[Problem] Instruction for the data below: set down exactly the lines from the line with "(p : PersonalAccessToken" to the line with "user_id token_id rows).0).1", inclusive, and no others.

═══ Data in this exercise ═══

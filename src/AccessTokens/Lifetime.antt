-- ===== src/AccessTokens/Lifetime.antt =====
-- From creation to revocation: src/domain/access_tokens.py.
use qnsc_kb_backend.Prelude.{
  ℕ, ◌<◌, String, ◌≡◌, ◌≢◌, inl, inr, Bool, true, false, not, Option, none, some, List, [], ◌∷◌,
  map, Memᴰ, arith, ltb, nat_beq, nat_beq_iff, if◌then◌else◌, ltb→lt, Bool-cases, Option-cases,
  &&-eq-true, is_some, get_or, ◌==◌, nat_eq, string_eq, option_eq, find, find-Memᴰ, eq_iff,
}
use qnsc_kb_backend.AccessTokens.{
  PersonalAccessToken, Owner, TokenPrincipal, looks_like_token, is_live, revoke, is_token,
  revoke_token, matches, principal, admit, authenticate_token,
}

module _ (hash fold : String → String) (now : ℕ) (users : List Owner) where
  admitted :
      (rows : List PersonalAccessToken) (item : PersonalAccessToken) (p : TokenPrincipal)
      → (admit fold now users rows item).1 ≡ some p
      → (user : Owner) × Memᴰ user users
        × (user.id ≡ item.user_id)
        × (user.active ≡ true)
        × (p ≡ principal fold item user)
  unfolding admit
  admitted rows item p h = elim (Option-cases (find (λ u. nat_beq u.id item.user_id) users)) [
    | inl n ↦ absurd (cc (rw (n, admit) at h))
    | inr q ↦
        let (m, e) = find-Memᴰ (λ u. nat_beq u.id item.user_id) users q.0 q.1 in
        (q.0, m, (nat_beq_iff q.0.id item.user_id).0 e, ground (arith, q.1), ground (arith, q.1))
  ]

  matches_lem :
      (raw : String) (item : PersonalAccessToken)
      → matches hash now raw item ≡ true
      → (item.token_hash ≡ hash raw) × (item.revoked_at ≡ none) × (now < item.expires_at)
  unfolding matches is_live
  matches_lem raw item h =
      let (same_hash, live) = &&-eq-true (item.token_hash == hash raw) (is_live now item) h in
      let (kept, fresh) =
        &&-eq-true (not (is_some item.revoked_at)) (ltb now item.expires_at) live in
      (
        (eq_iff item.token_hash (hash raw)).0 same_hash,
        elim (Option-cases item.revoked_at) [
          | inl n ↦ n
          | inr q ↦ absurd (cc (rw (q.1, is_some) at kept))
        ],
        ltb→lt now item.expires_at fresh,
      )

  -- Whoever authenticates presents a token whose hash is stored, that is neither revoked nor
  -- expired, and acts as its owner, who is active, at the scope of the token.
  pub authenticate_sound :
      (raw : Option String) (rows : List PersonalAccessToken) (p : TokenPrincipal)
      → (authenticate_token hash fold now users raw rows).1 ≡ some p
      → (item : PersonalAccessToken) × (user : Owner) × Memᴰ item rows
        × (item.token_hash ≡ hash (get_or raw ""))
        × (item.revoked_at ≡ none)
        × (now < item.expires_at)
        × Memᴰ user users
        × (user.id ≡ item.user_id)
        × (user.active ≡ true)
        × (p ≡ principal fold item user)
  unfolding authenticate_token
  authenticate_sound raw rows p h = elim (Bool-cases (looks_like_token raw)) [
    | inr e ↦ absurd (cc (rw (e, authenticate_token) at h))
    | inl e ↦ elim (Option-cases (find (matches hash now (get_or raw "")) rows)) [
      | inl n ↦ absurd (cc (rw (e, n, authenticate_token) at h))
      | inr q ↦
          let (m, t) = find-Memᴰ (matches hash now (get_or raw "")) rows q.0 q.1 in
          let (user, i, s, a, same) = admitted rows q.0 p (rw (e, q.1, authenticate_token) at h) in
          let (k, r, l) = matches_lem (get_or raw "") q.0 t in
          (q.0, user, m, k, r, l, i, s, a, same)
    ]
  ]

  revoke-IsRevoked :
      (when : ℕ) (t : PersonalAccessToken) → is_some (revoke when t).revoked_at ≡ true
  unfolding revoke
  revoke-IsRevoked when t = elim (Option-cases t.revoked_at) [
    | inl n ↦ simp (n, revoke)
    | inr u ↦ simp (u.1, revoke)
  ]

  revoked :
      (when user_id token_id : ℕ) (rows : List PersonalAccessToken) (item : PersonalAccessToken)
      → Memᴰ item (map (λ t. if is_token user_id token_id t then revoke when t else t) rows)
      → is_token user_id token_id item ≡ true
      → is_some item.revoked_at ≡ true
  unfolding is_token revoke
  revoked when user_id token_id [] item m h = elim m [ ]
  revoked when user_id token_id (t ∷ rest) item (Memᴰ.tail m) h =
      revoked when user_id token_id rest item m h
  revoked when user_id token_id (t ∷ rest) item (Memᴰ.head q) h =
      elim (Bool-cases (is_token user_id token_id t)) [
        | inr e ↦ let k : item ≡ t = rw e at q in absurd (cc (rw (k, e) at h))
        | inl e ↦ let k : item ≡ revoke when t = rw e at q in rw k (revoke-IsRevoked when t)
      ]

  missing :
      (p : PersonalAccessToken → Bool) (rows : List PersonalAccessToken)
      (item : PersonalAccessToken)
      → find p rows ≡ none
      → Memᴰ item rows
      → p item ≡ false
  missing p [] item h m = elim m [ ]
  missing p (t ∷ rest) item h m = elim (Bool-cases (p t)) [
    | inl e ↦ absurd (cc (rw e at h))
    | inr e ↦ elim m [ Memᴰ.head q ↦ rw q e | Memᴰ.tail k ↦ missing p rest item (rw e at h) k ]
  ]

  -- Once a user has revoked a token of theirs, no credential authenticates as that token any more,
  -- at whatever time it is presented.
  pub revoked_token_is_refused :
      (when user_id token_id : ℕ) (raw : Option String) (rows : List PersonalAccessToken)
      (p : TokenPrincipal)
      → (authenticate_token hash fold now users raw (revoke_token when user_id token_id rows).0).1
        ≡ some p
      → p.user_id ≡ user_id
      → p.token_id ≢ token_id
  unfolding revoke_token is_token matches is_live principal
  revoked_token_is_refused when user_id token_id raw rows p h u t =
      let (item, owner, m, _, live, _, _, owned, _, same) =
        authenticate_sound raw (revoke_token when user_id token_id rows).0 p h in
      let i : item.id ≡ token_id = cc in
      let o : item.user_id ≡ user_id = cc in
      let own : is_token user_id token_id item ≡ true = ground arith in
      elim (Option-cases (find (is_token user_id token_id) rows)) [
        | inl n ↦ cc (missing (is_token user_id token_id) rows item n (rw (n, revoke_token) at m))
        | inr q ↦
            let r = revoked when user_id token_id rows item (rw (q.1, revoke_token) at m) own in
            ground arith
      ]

═══

[Output of the task]
      (p : PersonalAccessToken → Bool) (rows : List PersonalAccessToken)
      (item : PersonalAccessToken)
      → find p rows ≡ none
      → Memᴰ item rows
      → p item ≡ false
  missing p [] item h m = elim m [ ]
  missing p (t ∷ rest) item h m = elim (Bool-cases (p t)) [
    | inl e ↦ absurd (cc (rw e at h))
    | inr e ↦ elim m [ Memᴰ.head q ↦ rw q e | Memᴰ.tail k ↦ missing p rest item (rw e at h) k ]
  ]

  -- Once a user has revoked a token of theirs, no credential authenticates as that token any more,
  -- at whatever time it is presented.
  pub revoked_token_is_refused :
      (when user_id token_id : ℕ) (raw : Option String) (rows : List PersonalAccessToken)
      (p : TokenPrincipal)
      → (authenticate_token hash fold now users raw (revoke_token when user_id token_id rows).0).1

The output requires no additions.